1. In my opinion, most women nowadays aren't frugal. No matter the age group, YES, cause they are EXPENSIVE to maintain. Imagine a young fresh graduate who has no commitment because he/she still stays with the parents and using the parents' car spends like RM20 on lunch + another RM15 for Boba Tea / Coffee after. How's that frugal if it happens like 2-3 times a week?

2. And when young, these people are exposed to such "lavish" lifestyles, how are they going to learn about frugal when advertisements and propaganda about STARBUCKS (or any high end drink) will somehow elevate the socio-economic status of the person? It will surely get worse.

3. Don't even talk about marriage.

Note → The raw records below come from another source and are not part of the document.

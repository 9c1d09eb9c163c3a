-- ===== src/WebAdapter/Assemble/Laws.antt =====
-- `get_search_query_from_webapp`: what holds of each query that it returns.
use mathlib.Core.Path.{subst}
use opencode_optimised_tooli.Prelude.{
  none, refl, list_beq_iff, Option, ◌⊎◌, ◌==◌, All, All-keep, Bool, Bool-cases, Dict, List, Text,
  [], ap, arith, codes, contains, false, if◌then◌else◌, inl, inr, is_empty, keep, lookup, map, not,
  some, sym, true, ℕ, ◌&&◌, ◌∙◌, ◌∷◌, ◌≡◌, ◌≤◌, list_eq, nat_eq, pair_eq, string_eq,
}
use opencode_optimised_tooli.Query.Types.{EngineRef, Setup, RawTextQuery}
use opencode_optimised_tooli.WebAdapter.Types.{
  ok, fault, Gives, Gives-if, Gives-bind, Seconds, Form, Preferences, SearchQuery,
}
use opencode_optimised_tooli.WebAdapter.Fields.{
  parse_timeout, parse_pageno, parse_time_range, parse_lang, time_ranges, parse_safesearch,
}
use opencode_optimised_tooli.WebAdapter.Fields.Laws.{parse_pageno_outcomes}
use opencode_optimised_tooli.WebAdapter.Fields.Bounds.{
  parse_safesearch-le, parse_time_range-known, parse_lang-valid, is_language,
}
use opencode_optimised_tooli.WebAdapter.Engines.{
  parse_engine_data, deduplicate_engineref_list, parse_generic, validate_engineref_list,
}
use opencode_optimised_tooli.WebAdapter.Engines.Laws.{
  ref_key, AreDistinct, is_known, is_open, deduplicate_engineref_list-AreDistinct,
  validate_engineref_list_lem,
}
use opencode_optimised_tooli.WebAdapter.Assemble.{
  or_all, resolve_auto, Assembled, assemble, choose_engines, get_search_query, raw_query,
  text_field, parameter_error,
}

contains-keep :
    (k : Text) (p : EngineRef → Bool) (refs : List EngineRef)
    → contains k (map ref_key refs) ≡ false
    → contains k (map ref_key (keep p refs)) ≡ false
unfolding contains keep
contains-keep k p [] h = h
contains-keep k p (r ∷ refs) h = ground (arith, contains-keep k p refs)

AreDistinct-keep :
    (p : EngineRef → Bool) (refs : List EngineRef)
    → AreDistinct (map ref_key refs)
    → AreDistinct (map ref_key (keep p refs))
unfolding keep
AreDistinct-keep p [] h = tt
AreDistinct-keep p (r ∷ refs) (fresh, h) = elim (Bool-cases (p r)) [
  | inl e ↦ rw e (contains-keep (ref_key r) p refs fresh, AreDistinct-keep p refs h)
  | inr e ↦ rw e (AreDistinct-keep p refs h)
]

module _ (setup : Setup) (seconds : Seconds) (engine_tokens : Dict Text (List Text)) where
  -- The engines are known, open to the client's tokens and different.
  abbrev pub AreValid : Preferences → List EngineRef → Type 0
  AreValid p refs =
      All (λ r. (is_known setup engine_tokens r && is_open setup engine_tokens p r) ≡ true) refs
      × AreDistinct (map ref_key refs)

  abbrev pub IsSound : Preferences → SearchQuery seconds.T → Type 0
  IsSound p q =
      (1 ≤ q.pageno)
      × (q.safesearch ≤ 2)
      × ((t : Text) → q.time_range ≡ some t → contains t time_ranges ≡ true)
      × AreValid p q.engineref_list

  validated-AreValid :
      (p : Preferences) (refs : List EngineRef)
      → AreValid p
          (validate_engineref_list setup engine_tokens (deduplicate_engineref_list refs) p).valid
  validated-AreValid p refs =
      let valid =
        λ (r : EngineRef). is_known setup engine_tokens r && is_open setup engine_tokens p r in
      let distinct = (deduplicate_engineref_list-AreDistinct refs).0 in
      let checked = deduplicate_engineref_list refs in
      subst (λ v. AreValid p v.valid)
        (sym (validate_engineref_list_lem setup engine_tokens checked p))
        (All-keep valid checked, AreDistinct-keep valid checked distinct)

  choose_engines-AreValid :
      (p : Preferences) (form : Form) (raw : RawTextQuery)
      → Gives (λ v. AreValid p v.valid) (choose_engines setup seconds engine_tokens p form raw)
  unfolding choose_engines
  choose_engines-AreValid p form raw =
      Gives-bind (λ v. AreValid p v.valid)
        (if not (contains (codes "categories") p.lock) && raw.specific
          then ok raw.enginerefs
          else parse_generic setup p form p.disabled_engines)
        _ λ refs e. validated-AreValid p refs

  parse_pageno-pos : (form : Form) (n : ℕ) → parse_pageno setup form ≡ ok n → 1 ≤ n
  parse_pageno-pos form n h = elim (parse_pageno_outcomes setup form) [
    | inl (m, pos, e) ↦ ground arith
    | inr (inl e) ↦ absurd (ground arith)
    | inr (inr (e, digits, refused)) ↦ absurd (ground arith)
  ]

  -- The language of a query is the selected one, or for "auto" the tag of the client, or "all".
  abbrev pub IsResolved : Preferences → Text → Text → Type 0
  IsResolved p selected lang =
      ((selected == codes "auto") ≡ false) × (lang ≡ selected)
      ⊎ ((selected ≡ codes "auto") × (p.client_locale_tag ≡ some lang) × (is_empty lang ≡ false))
      ⊎ ((selected ≡ codes "auto")
          × (lang ≡ codes "all")
          × ((p.client_locale_tag ≡ none) ⊎ (p.client_locale_tag ≡ some [])))

  or_all-cases :
      (tag : Option Text)
      → ((tag ≡ some (or_all tag)) × (is_empty (or_all tag) ≡ false))
        ⊎ ((or_all tag ≡ codes "all") × ((tag ≡ none) ⊎ (tag ≡ some [])))
  or_all-cases none = inr (refl, inl refl)
  or_all-cases (some []) = inr (refl, inr refl)
  or_all-cases (some (c ∷ tag)) = inl (refl, refl)

  resolve_auto-IsResolved :
      (p : Preferences) (selected : Text) → IsResolved p selected (resolve_auto p selected)
  resolve_auto-IsResolved p selected = elim (Bool-cases (selected == codes "auto")) [
    | inl same ↦
        let auto = (list_beq_iff selected (codes "auto")).0 same in
        elim (or_all-cases p.client_locale_tag) [
          | inl (e, shown) ↦ rw same (inr (inl (auto, e, shown)))
          | inr (e, blank) ↦ rw same (inr (inr (auto, e, blank)))
        ]
    | inr other ↦ rw other (inl (refl, refl))
  ]

  -- The query's language is the resolved one; the selected one is an accepted code or "auto", unless
  -- it is locked.
  abbrev pub IsGood : Preferences → Assembled setup seconds engine_tokens → Type 0
  IsGood p a =
      IsSound p a.search_query
      × IsResolved p a.selected_locale a.search_query.lang
      × (contains (codes "language") p.lock ≡ false → is_language a.selected_locale ≡ true)

  assemble-IsGood :
      (p : Preferences) (form : Form) (q : Text)
      → p.safesearch ≤ 2
      → Gives (IsGood p) (assemble setup seconds engine_tokens p form q)
  unfolding assemble
  assemble-IsGood p form q locked =
      Gives-bind (IsGood p) (raw_query setup seconds engine_tokens q p.disabled_engines) _ λ raw e1.
        Gives-bind (IsGood p) (parse_pageno setup form) _ λ pageno e2.
          Gives-bind (IsGood p) (parse_safesearch setup p form) _ λ safesearch e3.
            Gives-bind (IsGood p) (parse_time_range form) _ λ time_range e4.
              Gives-bind (IsGood p) (parse_timeout seconds form raw) _ λ timeout e5.
                Gives-bind (IsGood p) (parse_engine_data form) _ λ engine_data e6.
                  Gives-bind (IsGood p) (parse_lang p form raw) _ λ lang e7.
                    Gives-bind (IsGood p) (choose_engines setup seconds engine_tokens p form raw) _
                      λ refs e8. (
                        (
                          parse_pageno-pos form pageno e2,
                          parse_safesearch-le setup p form safesearch locked e3,
                          (λ t e. parse_time_range-known form t (e4 ∙ ap ok e)),
                          subst (Gives (λ v. AreValid p v.valid)) e8
                              (choose_engines-AreValid p form raw),
                        ),
                        resolve_auto-IsResolved p lang,
                        λ free. parse_lang-valid p form raw lang free e7,
                      )

  -- If the preference for safe search is at most 2, then each query that is returned has a page
  -- from 1 on, safe search at most 2, no other time range than the four, and engines that are
  -- known, open to the client's tokens and different. The selected language is an accepted code or
  -- "auto", unless the preferences lock it; the language of the query is the selected one, but for
  -- "auto" the tag of the client, and "all" if that is missing or empty.
  pub get_search_query-IsGood :
      (p : Preferences) (form : Form) (a : Assembled setup seconds engine_tokens)
      → p.safesearch ≤ 2
      → get_search_query setup seconds engine_tokens p form ≡ ok a
      → IsGood p a
  unfolding get_search_query
  get_search_query-IsGood p form a locked h =
      let q = text_field setup seconds engine_tokens (lookup (codes "q") form) in
      subst (Gives (IsGood p)) h (
        Gives-if (IsGood p) (is_empty q) (fault (parameter_error (codes "q") []))
          (assemble setup seconds engine_tokens p form q) tt (assemble-IsGood p form q locked))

Even in first dates / meet-ups, going to a cafe for a meal of about RM50 per person IS A NORMAL EXPECTANCY OF MOST WOMEN OUT THERE. Imagine if it's RM50 per person, we are looking at RM100 just for the meal and we didn't even count the other stuffs like MOVIE etc. So a date costs like what? RM200? So if you date ONCE on a weekly basis you are looking at RM1k or so a month. Maybe if you earn above 5 figures might see it as "sap sap water" but most wage earners don't. And if we talk about 25% to 20% of monthly GROSS EARNINGS spent on DATE, how much savings do guys have?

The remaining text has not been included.